Exercise inputs:
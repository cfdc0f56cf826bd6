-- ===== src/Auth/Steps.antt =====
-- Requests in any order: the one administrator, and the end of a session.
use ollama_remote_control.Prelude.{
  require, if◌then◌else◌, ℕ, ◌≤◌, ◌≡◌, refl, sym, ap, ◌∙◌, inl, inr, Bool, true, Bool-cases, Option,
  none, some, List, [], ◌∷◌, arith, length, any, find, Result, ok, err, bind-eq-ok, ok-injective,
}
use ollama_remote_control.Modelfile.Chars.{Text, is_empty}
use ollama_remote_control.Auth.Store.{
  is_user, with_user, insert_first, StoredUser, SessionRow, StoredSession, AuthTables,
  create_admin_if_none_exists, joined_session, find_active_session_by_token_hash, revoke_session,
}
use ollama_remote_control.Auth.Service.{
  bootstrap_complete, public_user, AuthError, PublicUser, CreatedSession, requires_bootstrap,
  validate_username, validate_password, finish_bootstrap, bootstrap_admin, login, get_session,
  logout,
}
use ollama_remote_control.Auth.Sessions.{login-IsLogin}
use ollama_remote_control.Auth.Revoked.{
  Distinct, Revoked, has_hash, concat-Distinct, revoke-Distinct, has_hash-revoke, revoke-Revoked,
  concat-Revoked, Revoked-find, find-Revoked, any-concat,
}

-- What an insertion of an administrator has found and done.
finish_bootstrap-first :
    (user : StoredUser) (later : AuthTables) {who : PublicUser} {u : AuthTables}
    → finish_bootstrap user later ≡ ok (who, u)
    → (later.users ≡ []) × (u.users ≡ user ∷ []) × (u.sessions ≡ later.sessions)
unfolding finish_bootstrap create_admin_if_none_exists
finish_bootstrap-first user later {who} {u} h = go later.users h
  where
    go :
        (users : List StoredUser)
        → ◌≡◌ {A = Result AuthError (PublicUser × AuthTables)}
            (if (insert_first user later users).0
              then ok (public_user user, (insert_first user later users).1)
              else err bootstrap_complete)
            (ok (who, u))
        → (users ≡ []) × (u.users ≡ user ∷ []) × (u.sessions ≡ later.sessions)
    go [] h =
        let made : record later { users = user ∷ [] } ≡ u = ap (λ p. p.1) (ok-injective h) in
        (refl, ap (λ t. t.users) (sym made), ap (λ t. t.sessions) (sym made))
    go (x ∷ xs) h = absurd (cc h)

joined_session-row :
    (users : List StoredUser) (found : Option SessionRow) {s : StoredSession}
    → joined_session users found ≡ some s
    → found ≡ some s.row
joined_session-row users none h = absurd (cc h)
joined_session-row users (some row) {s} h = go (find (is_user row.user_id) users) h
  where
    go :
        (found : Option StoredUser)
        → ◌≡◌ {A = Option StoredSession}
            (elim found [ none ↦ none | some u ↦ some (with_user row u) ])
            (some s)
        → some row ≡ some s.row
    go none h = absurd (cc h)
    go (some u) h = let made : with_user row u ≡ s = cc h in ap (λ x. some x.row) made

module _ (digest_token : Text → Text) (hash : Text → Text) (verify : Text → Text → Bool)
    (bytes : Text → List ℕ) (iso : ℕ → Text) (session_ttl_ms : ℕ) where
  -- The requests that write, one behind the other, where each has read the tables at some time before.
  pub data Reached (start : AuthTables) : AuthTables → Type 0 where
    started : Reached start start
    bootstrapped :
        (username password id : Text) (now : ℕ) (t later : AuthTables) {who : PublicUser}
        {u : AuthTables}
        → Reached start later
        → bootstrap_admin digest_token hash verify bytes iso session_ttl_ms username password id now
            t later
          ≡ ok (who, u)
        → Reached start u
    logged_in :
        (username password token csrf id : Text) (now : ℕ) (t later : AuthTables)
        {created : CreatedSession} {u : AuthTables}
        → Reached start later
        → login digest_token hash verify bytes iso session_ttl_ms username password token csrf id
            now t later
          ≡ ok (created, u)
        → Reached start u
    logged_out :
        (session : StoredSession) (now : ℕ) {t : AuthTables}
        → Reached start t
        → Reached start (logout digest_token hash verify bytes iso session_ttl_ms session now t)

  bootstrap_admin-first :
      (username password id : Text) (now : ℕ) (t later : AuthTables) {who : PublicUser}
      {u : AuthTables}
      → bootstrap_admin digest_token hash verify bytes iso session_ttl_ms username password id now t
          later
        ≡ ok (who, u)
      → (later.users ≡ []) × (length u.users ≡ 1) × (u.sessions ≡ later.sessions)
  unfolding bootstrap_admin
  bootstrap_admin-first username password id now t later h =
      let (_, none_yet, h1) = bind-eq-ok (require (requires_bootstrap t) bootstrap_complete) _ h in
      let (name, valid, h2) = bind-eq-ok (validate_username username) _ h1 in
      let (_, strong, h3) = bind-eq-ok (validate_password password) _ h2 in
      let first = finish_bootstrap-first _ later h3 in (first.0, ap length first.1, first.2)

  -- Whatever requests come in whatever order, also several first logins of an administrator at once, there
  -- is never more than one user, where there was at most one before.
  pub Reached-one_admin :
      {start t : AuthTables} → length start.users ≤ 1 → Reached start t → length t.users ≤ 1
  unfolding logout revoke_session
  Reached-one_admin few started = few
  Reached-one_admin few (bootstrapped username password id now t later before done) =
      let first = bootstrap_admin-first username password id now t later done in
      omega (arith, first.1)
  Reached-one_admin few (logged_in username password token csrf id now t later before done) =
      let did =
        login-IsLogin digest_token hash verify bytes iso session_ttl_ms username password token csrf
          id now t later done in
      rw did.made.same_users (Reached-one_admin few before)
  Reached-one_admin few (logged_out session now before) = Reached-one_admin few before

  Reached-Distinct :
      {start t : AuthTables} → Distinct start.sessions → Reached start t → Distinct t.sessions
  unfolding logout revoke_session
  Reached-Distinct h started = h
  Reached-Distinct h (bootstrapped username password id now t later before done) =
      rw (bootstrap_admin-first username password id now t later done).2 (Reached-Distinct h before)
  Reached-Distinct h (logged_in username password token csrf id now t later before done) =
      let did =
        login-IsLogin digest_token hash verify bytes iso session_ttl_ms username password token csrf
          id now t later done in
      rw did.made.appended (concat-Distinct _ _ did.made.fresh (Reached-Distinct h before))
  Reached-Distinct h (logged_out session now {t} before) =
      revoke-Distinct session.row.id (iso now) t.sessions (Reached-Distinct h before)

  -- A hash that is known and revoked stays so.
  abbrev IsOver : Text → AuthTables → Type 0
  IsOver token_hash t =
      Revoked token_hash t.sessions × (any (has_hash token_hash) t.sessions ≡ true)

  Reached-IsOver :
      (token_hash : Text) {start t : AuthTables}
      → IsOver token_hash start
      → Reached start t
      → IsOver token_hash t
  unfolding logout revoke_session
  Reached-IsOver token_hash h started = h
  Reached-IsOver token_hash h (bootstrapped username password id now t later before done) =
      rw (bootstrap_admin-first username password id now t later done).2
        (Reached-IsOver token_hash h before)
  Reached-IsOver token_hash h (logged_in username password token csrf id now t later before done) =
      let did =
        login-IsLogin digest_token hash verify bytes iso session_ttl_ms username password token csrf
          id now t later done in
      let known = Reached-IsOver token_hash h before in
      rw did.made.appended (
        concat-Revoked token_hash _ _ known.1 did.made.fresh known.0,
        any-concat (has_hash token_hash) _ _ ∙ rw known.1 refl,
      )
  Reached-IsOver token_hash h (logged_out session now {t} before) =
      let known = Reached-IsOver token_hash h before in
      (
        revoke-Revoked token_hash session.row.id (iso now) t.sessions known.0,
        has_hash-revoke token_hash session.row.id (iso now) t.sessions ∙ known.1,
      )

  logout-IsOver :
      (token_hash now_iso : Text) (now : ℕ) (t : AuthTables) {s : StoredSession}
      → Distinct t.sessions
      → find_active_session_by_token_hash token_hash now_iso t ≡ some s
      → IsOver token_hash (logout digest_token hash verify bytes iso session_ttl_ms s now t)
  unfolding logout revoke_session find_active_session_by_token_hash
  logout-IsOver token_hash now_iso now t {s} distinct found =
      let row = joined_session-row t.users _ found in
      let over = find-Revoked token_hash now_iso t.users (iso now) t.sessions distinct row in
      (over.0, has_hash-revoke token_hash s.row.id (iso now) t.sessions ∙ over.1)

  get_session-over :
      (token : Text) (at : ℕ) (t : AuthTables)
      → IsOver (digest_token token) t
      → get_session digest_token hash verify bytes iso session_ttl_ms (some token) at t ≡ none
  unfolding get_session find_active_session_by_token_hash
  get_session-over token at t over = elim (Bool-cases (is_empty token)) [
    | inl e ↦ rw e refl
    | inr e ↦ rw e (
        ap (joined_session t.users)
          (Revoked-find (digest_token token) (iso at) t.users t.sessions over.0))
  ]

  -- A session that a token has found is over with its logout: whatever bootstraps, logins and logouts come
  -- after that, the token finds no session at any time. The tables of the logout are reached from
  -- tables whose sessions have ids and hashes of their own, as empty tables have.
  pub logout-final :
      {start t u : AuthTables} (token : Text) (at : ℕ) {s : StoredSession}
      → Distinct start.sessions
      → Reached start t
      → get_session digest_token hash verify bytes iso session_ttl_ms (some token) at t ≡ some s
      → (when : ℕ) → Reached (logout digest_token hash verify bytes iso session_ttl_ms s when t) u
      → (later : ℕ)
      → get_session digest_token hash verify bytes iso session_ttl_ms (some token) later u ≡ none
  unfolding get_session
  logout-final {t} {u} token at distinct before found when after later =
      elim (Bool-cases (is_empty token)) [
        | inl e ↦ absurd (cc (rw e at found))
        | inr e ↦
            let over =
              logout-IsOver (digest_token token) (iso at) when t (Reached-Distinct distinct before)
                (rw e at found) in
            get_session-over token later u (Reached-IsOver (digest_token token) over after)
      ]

Task directions:
Among the entries above, find the line with "(user : StoredUser)" and the line with "(users : List StoredUser) (found"; give again exactly these two lines and all lines between them.

Answer section:
    (user : StoredUser) (later : AuthTables) {who : PublicUser} {u : AuthTables}
    → finish_bootstrap user later ≡ ok (who, u)
    → (later.users ≡ []) × (u.users ≡ user ∷ []) × (u.sessions ≡ later.sessions)
unfolding finish_bootstrap create_admin_if_none_exists
finish_bootstrap-first user later {who} {u} h = go later.users h
  where
    go :
        (users : List StoredUser)
        → ◌≡◌ {A = Result AuthError (PublicUser × AuthTables)}
            (if (insert_first user later users).0
              then ok (public_user user, (insert_first user later users).1)
              else err bootstrap_complete)
            (ok (who, u))
        → (users ≡ []) × (u.users ≡ user ∷ []) × (u.sessions ≡ later.sessions)
    go [] h =
        let made : record later { users = user ∷ [] } ≡ u = ap (λ p. p.1) (ok-injective h) in
        (refl, ap (λ t. t.users) (sym made), ap (λ t. t.sessions) (sym made))
    go (x ∷ xs) h = absurd (cc h)

joined_session-row :
    (users : List StoredUser) (found : Option SessionRow) {s : StoredSession}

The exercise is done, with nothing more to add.